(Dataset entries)

##############################

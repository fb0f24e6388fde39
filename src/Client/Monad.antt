-- ===== src/Client/Monad.antt =====
-- The monad of a reconciliation: an early return with an error, the world outside, and the calls
-- made so far that change something. An error keeps what was done before it.
use minio_operator_ext.Base.{◌≡◌, refl, subst, Option, none, some, List, ◌∷◌}
use minio_operator_ext.Client.Errors.{Error, Result, ok, err, error_of}
use minio_operator_ext.Client.Calls.{Op, Event}
use minio_operator_ext.Client.Services.{Call}

pub record Run (W : Type 0) : Type 0 where
  pub world : W
  pub log : List Event

abbrev pub Io : Type 0 → Type 0 → Type 0
Io W A = Run W → Result A × Run W

module _ {W : Type 0} where
  -- What follows a call that answered `r`.
  abbrev pub proceed : {A B : Type 0} → (A → Io W B) → Result A → Io W B
  proceed k (ok a) s = k a s
  proceed k (err e) s = (err e, s)

  infixl 5 ◌>>=◌ ◌>>◌
  abbrev pub ◌>>=◌ : {A B : Type 0} → Io W A → (A → Io W B) → Io W B
  ◌>>=◌ m k s = let (r, s') = m s in proceed k r s'

  abbrev pub ◌>>◌ : {A B : Type 0} → Io W A → Io W B → Io W B
  m >> k = m >>= λ _. k

  module _ {A : Type 0} where
    abbrev pub pure : A → Io W A
    pure a s = (ok a, s)

    abbrev pub throw : Error → Io W A
    throw e s = (err e, s)

    -- A function that cannot touch the world.
    abbrev pub lift : Result A → Io W A
    lift r s = (r, s)

    -- A nil pointer is dereferenced.
    abbrev pub deref : Option A → Io W A
    deref none s = (err Error.nil_dereference, s)
    deref (some a) s = (ok a, s)

    -- A call that reads.
    abbrev pub query : Call W A → Io W A
    query f s = let (r, w) = f s.world in (r, record s { world = w })

    -- A call that changes something: it is recorded with its error.
    abbrev pub perform : Op → Call W A → Io W A
    perform op f s =
        let (r, w) = f s.world in
        (r, record { world = w; log = record { op = op; failure = error_of r } ∷ s.log })

    -- `x, err := f()` where the code looks at `err` before it returns it. A part that can panic is
    -- followed by a test of `is_panic`.
    abbrev pub attempt : Io W A → Io W (Result A)
    attempt m s = let (r, s') = m s in (ok r, s')

  -- `if err != nil { return err }`
  abbrev pub check : Option Error → Io W (Unit {0})
  check none s = (ok tt, s)
  check (some e) s = (err e, s)

  -- A bind that answers: both parts did.
  pub >>=-ok :
      {A B : Type 0} (m : Io W A) (k : A → Io W B) (s : Run W) (b : B)
      → ((m >>= k) s).0 ≡ ok b
      → (a : A) × ((k a (m s).1).0 ≡ ok b)
  >>=-ok {A} {B} m k s b e = go (m s).0 e
    where
      go : (r : Result A) → (proceed k r (m s).1).0 ≡ ok b → (a : A) × ((k a (m s).1).0 ≡ ok b)
      go (ok a) h = (a, h)
      go (err x) h = absurd (cc)

  -- `P` holds of an answer and of the run behind it.
  abbrev pub Ensures : {A : Type 0} → (A → Run W → Type 0) → Io W A → Run W → Type 0
  Ensures P m s = (a : _) → (m s).0 ≡ ok a → P a (m s).1

  pub >>=-Ensures :
      {A B : Type 0} (Q : A → Run W → Type 0) (P : B → Run W → Type 0) (m : Io W A) (k : A → Io W B)
      (s : Run W)
      → Ensures Q m s
      → ((a : A) (s' : Run W) → Q a s' → Ensures P (k a) s')
      → Ensures P (m >>= k) s
  >>=-Ensures {A} {B} Q P m k s first rest = go (m s).0 first
    where
      go :
          (r : Result A)
          → ((a : A) → r ≡ ok a → Q a (m s).1)
          → (b : B) → (proceed k r (m s).1).0 ≡ ok b
          → P b (proceed k r (m s).1).1
      go (ok a) q b e = rest a (m s).1 (q a refl) b e
      go (err x) q b e = absurd (cc)

  pub pure-Ensures :
      {A : Type 0} (P : A → Run W → Type 0) (a : A) (s : Run W) → P a s → Ensures P (pure a) s
  pure-Ensures P a s p b e = subst (λ x. P x s) (cc) p
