-- ===== src/Client.antt =====
-- The world that the reconcilers act on: errors, the calls that change something, the services
-- that answer, and the monad of a reconciliation.
mod Errors
mod Calls
mod Services
mod Monad
pub use Errors.*
pub use Calls.*
pub use Services.*
pub use Monad.*
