-- ===== src/Reconciler.antt =====
-- internal/operator/operator.go: what the reconcilers share.
use minio_operator_ext.Base.{
  ℕ, String, ◌≡◌, refl, Bool, true, false, not, Option, none, some, if◌then◌else◌,
}
use minio_operator_ext.Api.{ObjectMeta}
use minio_operator_ext.Client.{
  ok, err, Call, Codec, Env, Io, lift, ◌>>=◌, ◌>>◌, pure, query, attempt, check,
}

abbrev pub finalizer : String
finalizer = "bfiola.dev/minio-operator-ext"

-- The fields of a reconciler; the client and the logger are not among them.
pub record Reconciler : Type 0 where
  pub minio_operator_namespace : String
  pub sync_interval : ℕ

-- `reconcile.Result`
pub record ReconcileResult : Type 0 where
  pub requeue_after : ℕ

-- `nilToEmpty`, at the zero value of the type
abbrev pub nil_to_empty : {A : Type 0} → A → Option A → A
nil_to_empty zero_value none = zero_value
nil_to_empty zero_value (some v) = v

module _ {W : Type 0} where
  -- `convertViaXML`: `dst` is what the destination holds before.
  abbrev pub convert_via_xml : {S T : Type 0} → Codec S → Codec T → S → T → Io W T
  convert_via_xml from to src dst = do
    text ← lift (from.xml_marshal src)
    tmp ← lift (to.xml_unmarshal text)
    json ← lift (to.json_marshal tmp)
    lift (to.json_unmarshal json dst)

  -- `success`, and `succeed`
  abbrev pub succeed : Reconciler → Io W ReconcileResult
  succeed r = pure (record { requeue_after = r.sync_interval })

  -- `err := r.Get(…); if err != nil { return reconcile.Result{}, client.IgnoreNotFound(err) }`
  abbrev pub with_resource :
      {A : Type 0} → Env W → Call W A → (A → Io W ReconcileResult) → Io W ReconcileResult
  with_resource env get k = do
    got ← attempt (query get)
    elim got [
      | ok x ↦ k x
      | err e ↦ (check (env.ignore_not_found e) >> pure (record { requeue_after = 0 }))
    ]

-- The branches that every `Reconcile` takes behind `r.Get`, on the deletion mark, the status and
-- the finalizer. No branch that finds the status set goes on to the one for an unset status.
unfoldable pub branch : {S R : Type 0} → Bool → Bool → Option S → (S → R) → R → R → (S → R) → R → R
branch zero_time guarded current on_delete on_released on_unguarded on_managed on_new =
    if not zero_time
    then elim current [ some c ↦ on_delete c | none ↦ on_released ]
    else if not guarded
    then on_unguarded
    else elim current [ some c ↦ on_managed c | none ↦ on_new ]

module _ {W : Type 0} (env : Env W) where
  abbrev pub zero_time : ObjectMeta → Bool
  zero_time meta = env.is_zero meta.deletion_timestamp

  abbrev pub guarded : ObjectMeta → Bool
  guarded meta = env.contains_finalizer meta.finalizers finalizer

  unfoldable pub dispatch :
      {S R : Type 0} → ObjectMeta → Option S → (S → R) → R → R → (S → R) → R → R
  unfolding branch
  dispatch meta current = branch (zero_time meta) (guarded meta) current

-- What holds of each branch under its condition holds of the whole.
branch_elim :
    {S R : Type 0} (P : R → Type 0) (z f : Bool) (current : Option S) {on_delete : S → R}
    {on_released on_unguarded : R} {on_managed : S → R} {on_new : R}
    → ((c : S) → z ≡ false → current ≡ some c → P (on_delete c))
    → (z ≡ false → current ≡ none → P on_released)
    → (z ≡ true → f ≡ false → P on_unguarded)
    → ((c : S) → z ≡ true → f ≡ true → current ≡ some c → P (on_managed c))
    → (z ≡ true → f ≡ true → current ≡ none → P on_new)
    → P (branch z f current on_delete on_released on_unguarded on_managed on_new)
unfolding branch
branch_elim P false f (some c) d l u m n = d c refl refl
branch_elim P false f none d l u m n = l refl refl
branch_elim P true false current d l u m n = u refl refl
branch_elim P true true (some c) d l u m n = m c refl refl refl
branch_elim P true true none d l u m n = n refl refl refl

module _ {W : Type 0} (env : Env W) where
  pub dispatch_elim :
      {S R : Type 0} (P : R → Type 0) (meta : ObjectMeta) (current : Option S) {on_delete : S → R}
      {on_released on_unguarded : R} {on_managed : S → R} {on_new : R}
      → ((c : S) → zero_time env meta ≡ false → current ≡ some c → P (on_delete c))
      → (zero_time env meta ≡ false → current ≡ none → P on_released)
      → (zero_time env meta ≡ true → guarded env meta ≡ false → P on_unguarded)
      → ((c : S)
          → zero_time env meta ≡ true
          → guarded env meta ≡ true
          → current ≡ some c
          → P (on_managed c))
      → (zero_time env meta ≡ true → guarded env meta ≡ true → current ≡ none → P on_new)
      → P (dispatch env meta current on_delete on_released on_unguarded on_managed on_new)
  unfolding dispatch
  dispatch_elim P meta current = branch_elim P (zero_time env meta) (guarded env meta) current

##############################

* _EXERCISE_: Pick from the records each line that contains the word "unfolding" and show it.

* _SOLUTION FOR THIS EXERCISE_:
  unfolding branch
unfolding branch
  unfolding dispatch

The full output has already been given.